_What you will do_:
Scan the lines below and report each one containing "ancestor" by copying it.

_Information shown_:
-- ===== src/Translate/Steps.antt =====
-- `translateTree`: the steps, in the order of the source, and the report. `none` means that a walk
-- does not end, or a panic.
pub mod Report
use Prim.Native.Nat.{min}
use Prim.Native.String.{compare}
use ndc_mock.Prelude.{
  ℕ, zero, suc, ◌+◌, ◌≡◌, refl, Bool, true, false, ◌&&◌, ◌||◌, not, Option, none, some, List, [],
  ◌∷◌, ◌++◌, map, String, ◌<>◌, if◌then◌else◌, ◌==◌, ◌!=◌, string_eq, ◌>>=◌, length,
}
use ndc_mock.Prelude.Text.{trim_space, cut, split}
use ndc_mock.Tree.{
  Attr, Node, Kids, elem, no_kids, kid, to_list, of_list, name, attrs, text, kids, with_kids,
  with_name, with_attrs, with_text, remove_kids, local_name,
}
use ndc_mock.Tree.Lists.{weight, depth}
use ndc_mock.Tree.Walk.{walk, walk_each}
use ndc_mock.Tree.Wrap.{wrap_in, wrap_each_in}
use ndc_mock.Tree.Hoist.{hoist}
use ndc_mock.Tree.Sort.{before, sort}
use ndc_mock.Translate.Mapping.{Map, lookup, Mapping, MessageLayout}
use ndc_mock.Translate.Rename.{rename_node}
use ndc_mock.Translate.Penalties.{definition_owner, seat_row_number, unpriced_penalties}
use ndc_mock.Translate.Units.{tz_into_date_time, weight_unit}
use ndc_mock.Translate.Segments.{dated_segments}

-- A loop over a map or a list, each round of which rewrites the tree.
unfoldable pub each_of {ℓ} : {A : Type ℓ} → (A → Node → Option Node) → List A → Node → Option Node
each_of f [] n = some n
each_of f (a ∷ as') n = do m ← f a n; each_of f as' m

-- The value that a code list gives to a text.
unfoldable pub coded : Map String → Node → Node
unfolding lookup trim_space
coded codes n = elim (lookup codes (trim_space (text n))) [ none ↦ n | some v ↦ with_text v n ]

unfoldable pub recode : Map (Map String) → Node → Node
unfolding lookup coded
recode values n = elim (lookup values (name n)) [ none ↦ n | some codes ↦ coded codes n ]

unfoldable pub hoist_entry : String × String → Node → Option Node
unfolding cut hoist
hoist_entry (k, ancestor) root =
    let (parent, child, _) = cut b'/' k in some (hoist parent child ancestor root)

unfoldable pub wrap_entry : String × String → Node → Option Node
unfolding cut walk wrap_in split weight
wrap_entry (k, wrapper) root =
    let (parent, child, _) = cut b'/' k in
    walk (suc (weight parent (length (split b'/' wrapper)) root)) (wrap_in parent child wrapper)
      root

unfoldable pub wrap_each_entry : String × String → Node → Option Node
unfolding cut walk wrap_each_in weight
wrap_each_entry (k, wrapper) root =
    let (parent, child, _) = cut b'/' k in
    walk (suc (weight parent 1 root)) (wrap_each_in parent child wrapper) root

unfoldable pub drop_in : String → String → Node → Node
unfolding remove_kids
drop_in parent child n =
    if parent == "" || name n == parent then with_kids (remove_kids (kids n) child) n else n

unfoldable pub drop_entry : String → Node → Option Node
unfolding cut walk drop_in weight
drop_entry d root =
    let (parent, child, scoped) = cut b'/' d in
    walk (suc (depth root)) (if scoped then drop_in parent child else drop_in "" d) root

-- A declaration of a namespace.
unfoldable pub is_xmlns : Attr → Bool
is_xmlns a = a.space == "xmlns" || (a.space == "" && a.local == "xmlns")

rename_namespace : Map String → Attr → Attr
unfolding is_xmlns lookup
rename_namespace m a = elim (lookup m a.value) [
  | none ↦ a
  | some to ↦ if is_xmlns a then record a { value = to } else a
]

other_attrs : List Attr → List Attr
unfolding is_xmlns
other_attrs [] = []
other_attrs (a ∷ al) = let rest = other_attrs al in if is_xmlns a then rest else a ∷ rest

abbrev xmlns : String → String → String → Attr
xmlns space local value = record { space = space; local = local; value = value }

in_message : Node → Node
unfolding local_name
in_message n = with_name ("m:" <> local_name (name n)) n

-- The namespace split of 21.3 and later.
unfoldable pub lay_out : Option MessageLayout → Node → Node
unfolding in_message other_attrs
lay_out none root = root
lay_out (some l) root =
    with_attrs
      (other_attrs (attrs root) ++ (xmlns "" "xmlns" l.types ∷ xmlns "xmlns" "m" l.message ∷ []))
      (with_kids (map in_message (kids root)) (in_message root))

-- `sort.Strings`, on the keys of a map with their values.
insert_prefix : String × String → Map String → Map String
insert_prefix p [] = p ∷ []
insert_prefix (k, v) ((j, w) ∷ m) =
    if before j k then (j, w) ∷ insert_prefix (k, v) m else (k, v) ∷ (j, w) ∷ m

unfoldable pub sort_prefixes : Map String → Map String
unfolding insert_prefix
sort_prefixes [] = []
sort_prefixes (p ∷ m) = insert_prefix p (sort_prefixes m)

declarations : Map String → List Attr
declarations [] = []
declarations ((p, v) ∷ m) = xmlns "xmlns" p v ∷ declarations m

-- `lower` is `strings.ToLower`, `upper` is `strings.ToUpper`.
module _ (lower upper : String → String) where
  -- The transforms by name; `loadMappings` refuses a name that is not among them.
  unfoldable pub structural : String → Node → Option Node
  unfolding dated_segments tz_into_date_time weight_unit unpriced_penalties seat_row_number
      definition_owner
  structural s root =
      if s == "dated-segments"
      then dated_segments root
      else if s == "tz-into-datetime"
      then tz_into_date_time root
      else if s == "weight-unit"
      then weight_unit upper root
      else if s == "unpriced-penalties"
      then unpriced_penalties root
      else if s == "seat-row-number"
      then seat_row_number root
      else if s == "definition-owner"
      then definition_owner root
      else none

  unfoldable pub sort_kids : Node → Node
  unfolding sort
  sort_kids n = with_kids (sort lower (kids n)) n

  unfoldable pub sort_below_root : Node → Option Node
  unfolding walk walk_each sort_kids weight
  sort_below_root root = do
    ks ← walk_each (walk (suc (depth root)) sort_kids) (kids root)
    some (with_kids ks root)

  -- The steps of `translateTree` between the walks: the names, the namespaces, the layout of the
  -- message and its declarations.
  unfoldable pub relabel : Mapping → Node → Node
  unfolding rename_node rename_namespace lay_out sort_prefixes declarations
  relabel m root =
      let renamed = rename_node m.rename [] root in
      let spaced = with_attrs (map (rename_namespace m.namespaces) (attrs renamed)) renamed in
      let laid = lay_out m.message_layout spaced in
      with_attrs (attrs laid ++ declarations (sort_prefixes m.declare)) laid

  -- What `translateTree` does to the tree.
  unfoldable pub rewrite : Mapping → Node → Option Node
  unfolding each_of structural walk recode hoist_entry wrap_entry wrap_each_entry drop_entry relabel
      sort_below_root weight
  rewrite m root = do
    shaped ← each_of structural m.structural root
    coded ← walk (suc (depth shaped)) (recode m.values) shaped
    hoisted ← each_of hoist_entry m.hoist coded
    wrapped ← each_of wrap_entry m.wrap hoisted
    enclosed ← each_of wrap_each_entry m.wrap_each wrapped
    dropped ← each_of drop_entry m.drop enclosed
    let named = relabel m dropped
    if m.sort_children then sort_below_root named else some named
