-- ===== src/Translate/Listed.antt =====
-- Which texts a list has, independent of the tests of edge/translate.go.
use ndc_mock.Prelude.{
  ◌≡◌, refl, Bool, true, false, List, [], ◌∷◌, String, if◌then◌else◌, ◌==◌, string_eq, Bool-cases,
  inl, inr,
}
use ndc_mock.Translate.Penalties.{contains}

-- Whether a text is on a list.
unfoldable pub listed : List String → String → Bool
listed [] a = false
listed (b ∷ l) a = if b == a then true else listed l a

pub contains-listed : (l : List String) (a : String) → contains l a ≡ listed l a
unfolding contains listed
contains-listed [] a = refl
contains-listed (b ∷ l) a = elim (Bool-cases (b == a)) [
  | inl e ↦ rw e refl
  | inr e ↦ rw e (contains-listed l a)
]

_Your solution_:
hoist_entry (k, ancestor) root =
    let (parent, child, _) = cut b'/' k in some (hoist parent child ancestor root)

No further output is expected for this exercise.